The Hollywood book boom comes at a time when corporate consolidation in the publishing world threatens authors’ abilities to profit off their work, making TV writing a necessary second career. “Penguin and Random House merged, and if they end up acquiring Simon & Schuster as well, there will be one behemoth where you can publish and three other smaller places and many other micro places that absolutely can’t compete,” says Kreizman. Say the merger does go through and a book doesn’t find a home at Penguin-Random House-Simon & Schuster, an author would automatically be looking at a smaller advance elsewhere, since the monopoly would give authors and their agents less negotiating power.
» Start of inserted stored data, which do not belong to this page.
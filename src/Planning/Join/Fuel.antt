-- ===== src/Planning/Join/Fuel.antt =====
-- The search starts in its invariant, and its fuel is enough: each round takes an entity from the
-- queue, and an entity is queued once.
use nl2data_core.Common.{
  ℕ, zero, suc, ◌+◌, ◌≤◌, ◌≡◌, refl, ap, List-cases, inl, inr, Bool-cases, true, List, [], ◌∷◌,
  ◌++◌, String, ok, arith, All, All-append, All-map, str_eq_iff, contains, length, length-append,
}
use nl2data_core.Common.Dict.{
  Dict, has_key, insert, lookup-insert, lookup-insert_self, has_key-insert,
}
use nl2data_core.Planning.Join.Graph.{RelationshipEdge, Adjacency}
use nl2data_core.Planning.Join.Search.{Search, start_one, start_from, search, no_search}
use nl2data_core.Planning.Join.Hops.{AllHops, neighbors, endpoints, length-endpoints}
use nl2data_core.Planning.Join.Invariant.{fresh, Inv, measure, relax_all-Relaxed}

fresh-le-length : (distances : Dict ℕ) (xs : List String) → fresh distances xs ≤ length xs
fresh-le-length distances [] = omega arith
fresh-le-length distances (x ∷ xs) = ground (arith, fresh-le-length distances xs)

All-contained_in :
    (xs ys : List String)
    → ((x : String) → contains x xs ≡ true → contains x ys ≡ true)
    → All (λ x. contains x ys ≡ true) xs
All-contained_in [] ys h = tt
All-contained_in (x ∷ xs) ys h =
    (h x (ground (arith, str_eq_iff x x)), All-contained_in xs ys (λ z m. h z (ground arith)))

All-contained : (xs : List String) → All (λ x. contains x xs ≡ true) xs
All-contained xs = All-contained_in xs xs (λ x m. m)

module _ (edges : List RelationshipEdge) (starts : List String) where
  -- Before the first round an entity with a distance is a start.
  record Starting (s : Search) : Type 0 where
    queued : All (λ n. has_key n s.distances ≡ true) s.queue
    counted : (n : String) → has_key n s.distances ≡ true → has_key n s.counts ≡ true
    all_start : (n : String) → has_key n s.distances ≡ true → contains n starts ≡ true

  start_from-Starting :
      (adjacency : Adjacency) (xs : List String) (s : Search)
      → All (λ x. contains x starts ≡ true) xs
      → Starting s
      → Starting (start_from adjacency xs s)
  unfolding start_from
  start_from-Starting adjacency [] s within v = v
  start_from-Starting adjacency (x ∷ xs) s within v = elim (Bool-cases (has_key x adjacency)) [
    | inr absent ↦ rw absent (start_from-Starting adjacency xs s within.1 v)
    | inl known ↦
        let u : Search = record s {
          distances = insert x 0 s.distances;
          counts = insert x 1 s.counts;
          queue = s.queue ++ x ∷ [];
        } in
        let w : Starting u = record {
          queued =
              All-append (λ n. has_key n (insert x 0 s.distances) ≡ true) s.queue (x ∷ [])
                (All-map _ _ s.queue (λ n k. has_key-insert x n 0 s.distances k) v.queued)
                (rw lookup-insert_self refl, tt);
          counted = λ n k.
              rw lookup-insert (ground (arith, lookup-insert x n 0 s.distances, v.counted n));
          all_start = λ n k.
              ground
                (arith, str_eq_iff x n, lookup-insert x n 0 s.distances, v.all_start n, within.0);
        } in
        rw known (start_from-Starting adjacency xs u within.1 w)
  ]

  start_one-length :
      (adjacency : Adjacency) (x : String) (s : Search)
      → length (start_one adjacency x s).queue ≤ length s.queue + 1
  start_one-length adjacency x s = ground (arith, length-append s.queue (x ∷ []))

  start_from-length :
      (adjacency : Adjacency) (xs : List String) (s : Search)
      → length (start_from adjacency xs s).queue ≤ length s.queue + length xs
  unfolding start_from
  start_from-length adjacency [] s = omega arith
  start_from-length adjacency (x ∷ xs) s = omega (
    arith,
    start_from-length adjacency xs (start_one adjacency x s),
    start_one-length adjacency x s,
  )

  Starting-Inv : (s : Search) → Starting s → Inv edges starts s
  Starting-Inv s v = record {
    queued = v.queued;
    counted = v.counted;
    origin = λ n d found. inl (v.all_start n (ground arith));
  }

  -- With as much fuel as its measure, the search ends by an empty queue, in its invariant.
  search_enough :
      (fuel : ℕ) (adjacency : Adjacency) (s : Search)
      → AllHops edges adjacency
      → Inv edges starts s
      → measure edges starts s ≤ fuel
      → (t : Search) × (search fuel adjacency s ≡ ok t) × Inv edges starts t
  unfolding search
  search_enough zero adjacency s hops v m = elim (List-cases s.queue) [
    | inl empty ↦ (s, rw empty refl, v)
    | inr (node, queue, e) ↦ absurd (omega (arith, ap length e))
  ]
  search_enough (suc fuel) adjacency s hops v m = elim (List-cases s.queue) [
    | inl empty ↦ (s, rw empty refl, v)
    | inr (node, queue, e) ↦
        let known : All (λ n. has_key n s.distances ≡ true) (node ∷ queue) = rw e at v.queued in
        let popped : Inv edges starts (record s { queue = queue }) = record {
          queued = known.1;
          counted = v.counted;
          origin = λ n d found. elim (v.origin n d found) [
            | inl start ↦ inl start
            | inr b ↦ inr (record {
              hop = b.hop;
              others = b.others;
              parent = b.parent;
              valid = b.valid;
              closer = b.closer;
              parent_distance = b.parent_distance;
              one_more = b.one_more;
            })
          ];
        } in
        let (t, turns, r) =
          relax_all-Relaxed edges starts node (neighbors node adjacency)
            (record s { queue = queue }) popped (hops node) known.0 in
        let (u, done, w) =
          search_enough fuel adjacency t hops r.inv (omega (arith, r.no_more, ap length e)) in
        (u, rw (e, turns) done, w)
  ]

  -- `_shortest_path` gives its search enough fuel.
  pub search_from_starts :
      (adjacency : Adjacency)
      → AllHops edges adjacency
      → (t : Search) × (search
            (length edges + length edges + length starts)
            adjacency
            (start_from adjacency starts no_search)
          ≡ ok t)
        × Inv edges starts t
  search_from_starts adjacency hops =
      let v =
        start_from-Starting adjacency starts no_search (All-contained starts)
          (record { queued = tt; counted = λ n k. cc; all_start = λ n k. cc }) in
      search_enough (length edges + length edges + length starts) adjacency
        (start_from adjacency starts no_search) hops (Starting-Inv _ v)
        (omega (
          arith,
          start_from-length adjacency starts no_search,
          fresh-le-length (start_from adjacency starts no_search).distances (endpoints edges),
          length-endpoints edges,
        ))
Regardless of whether the merger happens, midlist advances against royalties (authors’ up-front paychecks) are dropping across the board, so authors who don’t have full-time jobs face greater pressure to generate multiple revenue streams through storytelling. “It's harder to make a living as a [genre] book writer or midlist book writer probably than it's ever been before,” Gethers says. [On November 2nd, the Biden administration sued Penguin Random House (opens in new tab) to prevent the deal from happening.]
Agents also play a vital role in setting their authors up for success in Hollywood. “There are those of us that feel very strongly that authors can and should stay on their own projects, as long as they have the interest to do so,” Weiner says. “There are many authors who have successfully done it, which also paves the way for others.” Think: Gone Girl author Gillian Flynn, Stephen King, Cormac McCarthy, and The Hunger Games author Suzanne Collins.
“I want the author as involved as they possibly can [be], as much as they want to be,” echoes Heather Karpas, a former publishing agent who spent nearly a decade representing authors at ICM Partners, and now leads scripted development at Richard Plepler's Eden Productions, which has an overall deal with Apple TV+. “Authors often know more about the topic than anybody else in the room,” she says. “There's a wealth of knowledge there that ought to be tapped into."
But not every author is suited to the adaptation process, where style and nuance is often sacrificed for story. Gethers knows some writers who “shy away from [screenwriting] because it can be heartbreaking,” he says. “It's much harder to let go of your darlings—to kill your darlings in a book—if you're the actual author of the book. And often that's what has to happen in a movie.” Others are not interested in the politics and compromise of Hollywood, and their agents encourage them to take the money and run. In book publishing, Karpas says, “there is one person's name on that cover, and it is the author's name. That is the closest to complete control is as you're going to get. In Hollywood, that's just not the nature of the beast.”